## Stored data
——
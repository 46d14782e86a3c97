-- ===== src/State/Open/Opened.antt =====
-- What is known of the state database once OpenStore has returned it, whichever driver it is.
use osb_opengauss_go.Prelude.{
  ◌≡◌, ◌≢◌, refl, sym, subst, true, false, [], Text, codes, text_eq, text_eq_iff, has_prefix, arith,
  ◌⊎◌, inl, inr, Bool-cases,
}
use osb_opengauss_go.Result.{ok, err≢ok, ok-injective, wrapped, map_err-eq-ok}
use osb_opengauss_go.Exec.{relabel, bind-eq-ok}
use osb_opengauss_go.Config.{Config}
use osb_opengauss_go.Encrypt.{Encryptor}
use osb_opengauss_go.Params.{Json}
use osb_opengauss_go.State.{Store}
use osb_opengauss_go.State.Open.{
  Dialector, gaussdb, postgres, Tables, Host, state_schema, state_dialector, create_tables,
  restrict_file, open_store,
}
use osb_opengauss_go.State.Open.Files.{
  HasSchema, IsPrivate, pair-ok, created_schema, open_store-encryptor, open_store-IsPrivate,
}

module _ {D I B : Type 0} (host : Host D I B) where
  -- the driver that a STATE_DSN asks for, and what choosing it has done
  pub data Dials (dsn : Text) (d : D) : Dialector → D → Type 0 where
    to_gaussdb :
        {d' : D}
        → has_prefix dsn (codes "gaussdb://") ≡ true
        → host.sql_open dsn d ≡ (ok tt, d')
        → Dials dsn d (gaussdb dsn) d'
    to_postgres :
        (has_prefix dsn (codes "postgres://") ≡ true)
          ⊎ (has_prefix dsn (codes "postgresql://") ≡ true)
        → Dials dsn d (postgres dsn) d

  -- What opening the database of a STATE_DSN has done: no file is touched.
  pub record IsRemote (dsn : Text) (d d' : D) : Type 0 where
    pub dialector : Dialector
    pub dialled : D
    pub dials : Dials dsn d dialector dialled
    pub tables : Tables I B
    pub opened : D
    pub open_server : host.gorm_open dialector dialled ≡ (ok tables, opened)
    pub schema : HasSchema host opened d'

  module _ {F R : Type 0} (cfg : Config) (json : Json F) (encryptor : Encryptor R) (d : D) where
    state_dialector-Dials :
        (dialector : Dialector)
        → cfg.state_dsn ≢ []
        → (state_dialector host cfg d).0 ≡ ok dialector
        → Dials cfg.state_dsn d dialector (state_dialector host cfg d).1
    unfolding state_dialector
    state_dialector-Dials dialector some_dsn h =
        elim (Bool-cases (has_prefix cfg.state_dsn (codes "gaussdb://"))) [
          | inl g ↦
              let (u, looked, made) =
                bind-eq-ok (host.sql_open cfg.state_dsn) _ d (rw (not_empty, g) at h) in
              let done = pair-ok (host.sql_open cfg.state_dsn d) looked in
              subst (λ (x : Dialector). Dials cfg.state_dsn d x (state_dialector host cfg d).1)
                (ok-injective made) (rw (not_empty, g, looked) (to_gaussdb g done))
          | inr no_g ↦ elim (Bool-cases (has_prefix cfg.state_dsn (codes "postgres://"))) [
            | inl p ↦
                subst (λ (x : Dialector). Dials cfg.state_dsn d x (state_dialector host cfg d).1)
                  (ok-injective (rw (not_empty, no_g, p) at h))
                  (rw (not_empty, no_g, p) (to_postgres (inl p)))
            | inr no_p ↦ elim (Bool-cases (has_prefix cfg.state_dsn (codes "postgresql://"))) [
              | inl q ↦
                  subst (λ (x : Dialector). Dials cfg.state_dsn d x (state_dialector host cfg d).1)
                    (ok-injective (rw (not_empty, no_g, no_p, q) at h))
                    (rw (not_empty, no_g, no_p, q) (to_postgres (inr q)))
              | inr no_q ↦ absurd (err≢ok (rw (not_empty, no_g, no_p, no_q) at h))
            ]
          ]
        ]
      where
        not_empty : text_eq cfg.state_dsn [] ≡ false
        not_empty = ground (arith, text_eq_iff cfg.state_dsn [])

    restrict_file_remote : cfg.state_dsn ≢ [] → (d3 : D) → (restrict_file host cfg d3).1 ≡ d3
    unfolding restrict_file
    restrict_file_remote some_dsn d3 = rw not_empty refl
      where
        not_empty : text_eq cfg.state_dsn [] ≡ false
        not_empty = ground (arith, text_eq_iff cfg.state_dsn [])

    open_store-IsRemote :
        (store : Store F I B R)
        → cfg.state_dsn ≢ []
        → (open_store host cfg json encryptor d).0 ≡ ok store
        → IsRemote cfg.state_dsn d (open_store host cfg json encryptor d).1
    unfolding open_store
    open_store-IsRemote store some_dsn h =
        let (dialector, chosen, h1) = bind-eq-ok (state_dialector host cfg) _ d h in
        let d1 = (state_dialector host cfg d).1 in
        let (tables, gorm, h2) =
          bind-eq-ok
            (relabel (λ e. wrapped (codes "cannot open state database") e)
              (host.gorm_open dialector))
            _ d1 h1 in
        let opened = map_err-eq-ok _ (host.gorm_open dialector d1).0 gorm in
        let d2 = (host.gorm_open dialector d1).1 in
        let (u, made, h3) = bind-eq-ok (create_tables host state_schema) _ d2 h2 in
        let d3 = (create_tables host state_schema d2).1 in
        let (u', closed, h4) = bind-eq-ok (restrict_file host cfg) _ d3 h3 in
        rw (chosen, opened, made, closed)
          (subst (λ x. IsRemote cfg.state_dsn d x) (sym (restrict_file_remote some_dsn d3))
            (record {
              dialector = dialector;
              dialled = d1;
              dials = state_dialector-Dials dialector some_dsn chosen;
              tables = tables;
              opened = d2;
              open_server = pair-ok (host.gorm_open dialector d1) opened;
              schema = created_schema host cfg json encryptor d d2 made;
            }))

    -- An OpenStore that succeeds returns a store with the encryptor that it was given. With no
    -- STATE_DSN it has opened the file of the settings, has then created both tables, and has last
    -- given the file the permissions of its owner to read and write, and no others. With a STATE_DSN
    -- it has opened the driver of the scheme, gaussdb, postgres or postgresql, and created both
    -- tables, and nothing else: no other scheme is accepted, and the permissions of no file change.
    pub open_store-IsOpened :
        (store : Store F I B R)
        → (open_store host cfg json encryptor d).0 ≡ ok store
        → (store.encryptor ≡ encryptor)
          × (((cfg.state_dsn ≡ []) × IsPrivate host cfg d (open_store host cfg json encryptor d).1)
              ⊎ ((cfg.state_dsn ≢ [])
                  × IsRemote cfg.state_dsn d (open_store host cfg json encryptor d).1))
    open_store-IsOpened store h = (
      open_store-encryptor host cfg json encryptor d store h,
      elim (Bool-cases (text_eq cfg.state_dsn [])) [
        | inl empty ↦
            let none = (text_eq_iff cfg.state_dsn []).0 empty in
            inl (none, open_store-IsPrivate host cfg json encryptor d store none h)
        | inr differs ↦
            let some_dsn : cfg.state_dsn ≢ [] = λ e. ground (arith, text_eq_iff cfg.state_dsn []) in
            inr (some_dsn, open_store-IsRemote store some_dsn h)
      ],
    )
——
## What you will do
Where the word "cases" shows up in a line of the entries above, copy that line.

## Problem solution
  ◌⊎◌, inl, inr, Bool-cases,
        elim (Bool-cases (has_prefix cfg.state_dsn (codes "gaussdb://"))) [
          | inr no_g ↦ elim (Bool-cases (has_prefix cfg.state_dsn (codes "postgres://"))) [
            | inr no_p ↦ elim (Bool-cases (has_prefix cfg.state_dsn (codes "postgresql://"))) [
      elim (Bool-cases (text_eq cfg.state_dsn [])) [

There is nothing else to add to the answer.